(Beginning of EXERCISE MATERIALS)

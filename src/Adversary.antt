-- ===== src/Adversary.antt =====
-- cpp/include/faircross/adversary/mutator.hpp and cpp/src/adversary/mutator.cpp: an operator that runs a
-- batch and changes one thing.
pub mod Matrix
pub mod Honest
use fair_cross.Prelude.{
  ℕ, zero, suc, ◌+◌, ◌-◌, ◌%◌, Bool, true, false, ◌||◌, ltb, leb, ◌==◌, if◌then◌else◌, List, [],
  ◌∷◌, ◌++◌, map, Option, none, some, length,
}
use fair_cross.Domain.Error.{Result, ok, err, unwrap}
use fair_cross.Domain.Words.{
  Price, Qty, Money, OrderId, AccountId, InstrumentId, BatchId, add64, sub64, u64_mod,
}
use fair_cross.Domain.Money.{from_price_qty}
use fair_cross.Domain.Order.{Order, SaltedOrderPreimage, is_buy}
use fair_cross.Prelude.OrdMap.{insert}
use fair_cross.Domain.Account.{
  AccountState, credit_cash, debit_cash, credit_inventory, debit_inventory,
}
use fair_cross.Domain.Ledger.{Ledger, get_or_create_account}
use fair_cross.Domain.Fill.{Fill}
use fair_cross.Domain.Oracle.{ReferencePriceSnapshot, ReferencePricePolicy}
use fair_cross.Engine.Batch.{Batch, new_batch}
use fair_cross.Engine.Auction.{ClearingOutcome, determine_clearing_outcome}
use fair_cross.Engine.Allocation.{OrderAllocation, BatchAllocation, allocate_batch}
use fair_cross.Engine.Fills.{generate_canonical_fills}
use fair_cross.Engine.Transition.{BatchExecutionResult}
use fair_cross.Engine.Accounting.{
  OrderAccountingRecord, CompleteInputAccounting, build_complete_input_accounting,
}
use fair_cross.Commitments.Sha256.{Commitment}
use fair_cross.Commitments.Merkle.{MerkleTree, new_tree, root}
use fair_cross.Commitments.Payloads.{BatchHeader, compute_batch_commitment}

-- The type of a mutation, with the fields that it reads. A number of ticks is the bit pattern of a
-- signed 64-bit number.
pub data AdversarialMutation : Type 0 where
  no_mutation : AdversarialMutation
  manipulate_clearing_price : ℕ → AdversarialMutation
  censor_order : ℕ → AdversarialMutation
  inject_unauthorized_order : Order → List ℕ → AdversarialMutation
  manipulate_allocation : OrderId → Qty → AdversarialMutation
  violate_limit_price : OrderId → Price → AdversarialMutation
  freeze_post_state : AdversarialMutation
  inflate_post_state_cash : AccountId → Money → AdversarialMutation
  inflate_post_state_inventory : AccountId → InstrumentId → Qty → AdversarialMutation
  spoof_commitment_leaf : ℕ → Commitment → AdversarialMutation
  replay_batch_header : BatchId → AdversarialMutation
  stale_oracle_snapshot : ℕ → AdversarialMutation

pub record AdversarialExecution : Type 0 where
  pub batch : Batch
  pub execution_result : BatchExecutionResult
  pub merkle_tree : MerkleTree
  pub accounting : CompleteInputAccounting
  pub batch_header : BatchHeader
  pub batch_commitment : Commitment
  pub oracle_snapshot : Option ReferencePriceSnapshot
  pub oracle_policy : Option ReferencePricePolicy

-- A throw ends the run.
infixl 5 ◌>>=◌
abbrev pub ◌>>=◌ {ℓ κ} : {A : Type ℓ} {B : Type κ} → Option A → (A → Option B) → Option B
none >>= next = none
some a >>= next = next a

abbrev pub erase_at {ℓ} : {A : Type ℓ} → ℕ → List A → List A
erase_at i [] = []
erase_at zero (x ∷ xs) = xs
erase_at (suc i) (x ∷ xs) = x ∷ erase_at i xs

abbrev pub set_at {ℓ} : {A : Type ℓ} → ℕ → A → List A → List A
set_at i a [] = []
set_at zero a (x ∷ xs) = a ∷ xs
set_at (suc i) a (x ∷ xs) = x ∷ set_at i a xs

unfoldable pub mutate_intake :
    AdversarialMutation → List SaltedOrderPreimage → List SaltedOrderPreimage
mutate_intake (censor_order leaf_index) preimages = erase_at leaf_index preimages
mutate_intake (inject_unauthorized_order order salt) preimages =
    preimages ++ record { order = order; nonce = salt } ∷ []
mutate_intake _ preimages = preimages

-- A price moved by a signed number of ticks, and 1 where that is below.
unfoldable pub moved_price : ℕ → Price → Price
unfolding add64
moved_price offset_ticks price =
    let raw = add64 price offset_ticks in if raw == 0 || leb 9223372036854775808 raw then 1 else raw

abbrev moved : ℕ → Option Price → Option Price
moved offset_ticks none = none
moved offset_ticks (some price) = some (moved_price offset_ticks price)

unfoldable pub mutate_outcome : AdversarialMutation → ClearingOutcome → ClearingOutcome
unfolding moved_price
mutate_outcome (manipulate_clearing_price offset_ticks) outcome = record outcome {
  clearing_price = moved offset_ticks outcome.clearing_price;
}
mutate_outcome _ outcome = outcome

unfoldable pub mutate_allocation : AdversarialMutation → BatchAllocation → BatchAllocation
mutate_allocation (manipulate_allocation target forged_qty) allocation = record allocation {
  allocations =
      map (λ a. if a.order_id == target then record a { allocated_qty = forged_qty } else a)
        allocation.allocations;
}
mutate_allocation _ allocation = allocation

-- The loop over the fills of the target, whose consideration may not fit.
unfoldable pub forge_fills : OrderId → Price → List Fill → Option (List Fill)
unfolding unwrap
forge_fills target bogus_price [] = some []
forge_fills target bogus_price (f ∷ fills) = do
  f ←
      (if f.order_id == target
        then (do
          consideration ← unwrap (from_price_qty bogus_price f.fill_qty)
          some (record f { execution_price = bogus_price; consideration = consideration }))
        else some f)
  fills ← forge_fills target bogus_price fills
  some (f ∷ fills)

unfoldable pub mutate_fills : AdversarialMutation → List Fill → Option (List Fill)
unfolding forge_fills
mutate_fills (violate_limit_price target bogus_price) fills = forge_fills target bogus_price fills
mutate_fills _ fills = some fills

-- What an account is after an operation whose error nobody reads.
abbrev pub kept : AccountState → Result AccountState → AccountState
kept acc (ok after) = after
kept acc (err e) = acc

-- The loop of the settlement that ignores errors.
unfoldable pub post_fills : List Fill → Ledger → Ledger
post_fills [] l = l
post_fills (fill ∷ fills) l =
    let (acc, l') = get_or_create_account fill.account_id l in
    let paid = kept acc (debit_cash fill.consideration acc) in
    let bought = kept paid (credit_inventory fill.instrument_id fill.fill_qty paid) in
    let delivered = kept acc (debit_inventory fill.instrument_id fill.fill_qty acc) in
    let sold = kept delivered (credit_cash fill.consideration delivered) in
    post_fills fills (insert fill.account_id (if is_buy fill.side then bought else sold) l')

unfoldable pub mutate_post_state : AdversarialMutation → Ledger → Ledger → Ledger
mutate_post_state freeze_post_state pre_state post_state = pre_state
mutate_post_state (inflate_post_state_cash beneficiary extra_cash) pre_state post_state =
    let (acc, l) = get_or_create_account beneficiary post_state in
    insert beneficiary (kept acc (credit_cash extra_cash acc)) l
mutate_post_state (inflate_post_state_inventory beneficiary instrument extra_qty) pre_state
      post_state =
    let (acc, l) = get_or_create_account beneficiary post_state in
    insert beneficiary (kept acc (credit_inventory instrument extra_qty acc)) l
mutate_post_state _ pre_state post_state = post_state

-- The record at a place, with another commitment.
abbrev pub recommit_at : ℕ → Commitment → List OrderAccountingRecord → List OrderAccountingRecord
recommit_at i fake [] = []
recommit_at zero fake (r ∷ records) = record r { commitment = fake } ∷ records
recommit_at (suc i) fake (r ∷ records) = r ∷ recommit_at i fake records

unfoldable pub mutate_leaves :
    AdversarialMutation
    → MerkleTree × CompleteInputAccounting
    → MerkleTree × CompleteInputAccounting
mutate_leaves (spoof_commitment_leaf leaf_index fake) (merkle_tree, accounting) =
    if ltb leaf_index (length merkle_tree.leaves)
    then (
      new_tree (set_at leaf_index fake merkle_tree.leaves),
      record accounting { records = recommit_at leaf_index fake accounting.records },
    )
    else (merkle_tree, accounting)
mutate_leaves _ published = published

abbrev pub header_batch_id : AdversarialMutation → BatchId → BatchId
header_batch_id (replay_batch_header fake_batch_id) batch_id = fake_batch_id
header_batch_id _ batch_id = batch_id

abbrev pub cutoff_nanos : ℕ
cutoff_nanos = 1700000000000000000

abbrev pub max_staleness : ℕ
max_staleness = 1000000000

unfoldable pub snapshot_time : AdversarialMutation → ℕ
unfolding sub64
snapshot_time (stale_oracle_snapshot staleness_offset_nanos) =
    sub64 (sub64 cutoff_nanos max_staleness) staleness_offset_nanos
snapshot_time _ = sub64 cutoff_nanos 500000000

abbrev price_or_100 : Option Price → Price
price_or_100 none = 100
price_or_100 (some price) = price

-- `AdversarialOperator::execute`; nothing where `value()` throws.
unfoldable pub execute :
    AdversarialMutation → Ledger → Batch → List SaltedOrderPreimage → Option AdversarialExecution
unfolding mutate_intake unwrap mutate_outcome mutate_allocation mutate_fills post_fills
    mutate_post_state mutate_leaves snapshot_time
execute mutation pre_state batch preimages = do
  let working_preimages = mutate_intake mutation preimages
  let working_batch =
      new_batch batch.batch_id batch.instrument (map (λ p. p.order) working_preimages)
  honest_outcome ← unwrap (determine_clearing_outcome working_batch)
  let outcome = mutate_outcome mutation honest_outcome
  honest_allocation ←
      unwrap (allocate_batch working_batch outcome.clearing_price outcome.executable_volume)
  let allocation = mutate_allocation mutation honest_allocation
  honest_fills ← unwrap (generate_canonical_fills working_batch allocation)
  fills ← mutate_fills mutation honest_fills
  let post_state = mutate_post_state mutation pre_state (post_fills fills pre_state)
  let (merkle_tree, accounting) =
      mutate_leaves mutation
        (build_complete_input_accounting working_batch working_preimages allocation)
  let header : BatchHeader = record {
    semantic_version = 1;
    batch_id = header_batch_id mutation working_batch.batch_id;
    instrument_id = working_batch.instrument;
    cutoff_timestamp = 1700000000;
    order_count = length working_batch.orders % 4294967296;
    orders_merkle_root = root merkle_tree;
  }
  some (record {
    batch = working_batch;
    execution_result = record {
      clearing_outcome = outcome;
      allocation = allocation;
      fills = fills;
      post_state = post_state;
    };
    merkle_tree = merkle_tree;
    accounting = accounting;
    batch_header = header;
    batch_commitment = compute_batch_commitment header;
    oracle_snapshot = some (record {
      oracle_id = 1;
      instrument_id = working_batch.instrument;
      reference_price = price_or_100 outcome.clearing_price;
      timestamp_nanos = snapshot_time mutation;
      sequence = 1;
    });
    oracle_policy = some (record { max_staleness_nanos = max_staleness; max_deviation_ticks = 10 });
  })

(End of EXERCISE MATERIALS)
(Beginning of EXERCISE MATERIALS)

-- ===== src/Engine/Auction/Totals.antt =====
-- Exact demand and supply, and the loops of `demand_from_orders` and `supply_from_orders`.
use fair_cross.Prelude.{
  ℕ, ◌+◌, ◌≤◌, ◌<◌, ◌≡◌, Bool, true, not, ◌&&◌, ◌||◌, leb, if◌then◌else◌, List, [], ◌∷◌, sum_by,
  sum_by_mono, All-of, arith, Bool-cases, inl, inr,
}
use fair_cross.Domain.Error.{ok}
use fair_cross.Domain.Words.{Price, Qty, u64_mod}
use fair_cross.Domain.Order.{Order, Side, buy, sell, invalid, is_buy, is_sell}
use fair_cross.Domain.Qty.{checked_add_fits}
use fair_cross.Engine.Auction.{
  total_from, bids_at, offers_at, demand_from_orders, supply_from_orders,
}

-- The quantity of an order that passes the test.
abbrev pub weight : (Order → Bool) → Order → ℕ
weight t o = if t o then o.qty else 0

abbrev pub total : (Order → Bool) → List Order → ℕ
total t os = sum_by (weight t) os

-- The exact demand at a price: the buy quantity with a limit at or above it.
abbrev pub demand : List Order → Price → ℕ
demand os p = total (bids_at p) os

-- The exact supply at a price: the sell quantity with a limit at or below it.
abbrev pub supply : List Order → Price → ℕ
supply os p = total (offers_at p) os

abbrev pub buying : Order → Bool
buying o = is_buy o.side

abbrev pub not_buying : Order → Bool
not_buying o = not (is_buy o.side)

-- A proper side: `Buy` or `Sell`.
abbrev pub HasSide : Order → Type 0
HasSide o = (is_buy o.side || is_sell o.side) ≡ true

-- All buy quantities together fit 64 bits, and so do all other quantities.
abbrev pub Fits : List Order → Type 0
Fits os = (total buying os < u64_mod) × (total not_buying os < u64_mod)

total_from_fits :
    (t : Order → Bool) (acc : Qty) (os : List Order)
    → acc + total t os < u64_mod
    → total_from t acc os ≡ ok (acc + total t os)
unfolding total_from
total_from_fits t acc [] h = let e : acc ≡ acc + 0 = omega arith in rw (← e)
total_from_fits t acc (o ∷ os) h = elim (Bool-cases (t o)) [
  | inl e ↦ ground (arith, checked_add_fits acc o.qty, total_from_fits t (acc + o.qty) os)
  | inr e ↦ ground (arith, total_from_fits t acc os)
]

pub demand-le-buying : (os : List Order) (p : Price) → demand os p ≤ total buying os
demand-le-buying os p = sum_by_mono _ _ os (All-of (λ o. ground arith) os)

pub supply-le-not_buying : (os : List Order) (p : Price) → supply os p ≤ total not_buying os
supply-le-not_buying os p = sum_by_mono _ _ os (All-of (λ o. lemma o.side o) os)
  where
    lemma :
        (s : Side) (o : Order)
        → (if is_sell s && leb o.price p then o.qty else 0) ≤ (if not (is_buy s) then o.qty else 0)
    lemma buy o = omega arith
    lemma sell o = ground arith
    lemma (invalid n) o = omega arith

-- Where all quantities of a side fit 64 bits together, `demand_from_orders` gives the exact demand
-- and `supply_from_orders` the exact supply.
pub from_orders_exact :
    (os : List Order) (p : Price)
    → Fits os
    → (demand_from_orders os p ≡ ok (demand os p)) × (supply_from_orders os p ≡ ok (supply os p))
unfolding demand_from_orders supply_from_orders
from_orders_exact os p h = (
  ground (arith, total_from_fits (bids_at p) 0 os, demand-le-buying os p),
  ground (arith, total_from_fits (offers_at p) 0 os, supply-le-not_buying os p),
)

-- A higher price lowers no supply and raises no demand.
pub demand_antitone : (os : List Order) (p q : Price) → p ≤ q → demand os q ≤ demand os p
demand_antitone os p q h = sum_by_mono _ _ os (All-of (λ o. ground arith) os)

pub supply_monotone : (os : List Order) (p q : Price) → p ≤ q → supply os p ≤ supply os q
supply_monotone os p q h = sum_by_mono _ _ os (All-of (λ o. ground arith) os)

(End of EXERCISE MATERIALS)

TASK OBJECTIVE — Pull out each line of the records holding the string "omega".

ANSWER SECTION —
total_from_fits t acc [] h = let e : acc ≡ acc + 0 = omega arith in rw (← e)
    lemma buy o = omega arith
    lemma (invalid n) o = omega arith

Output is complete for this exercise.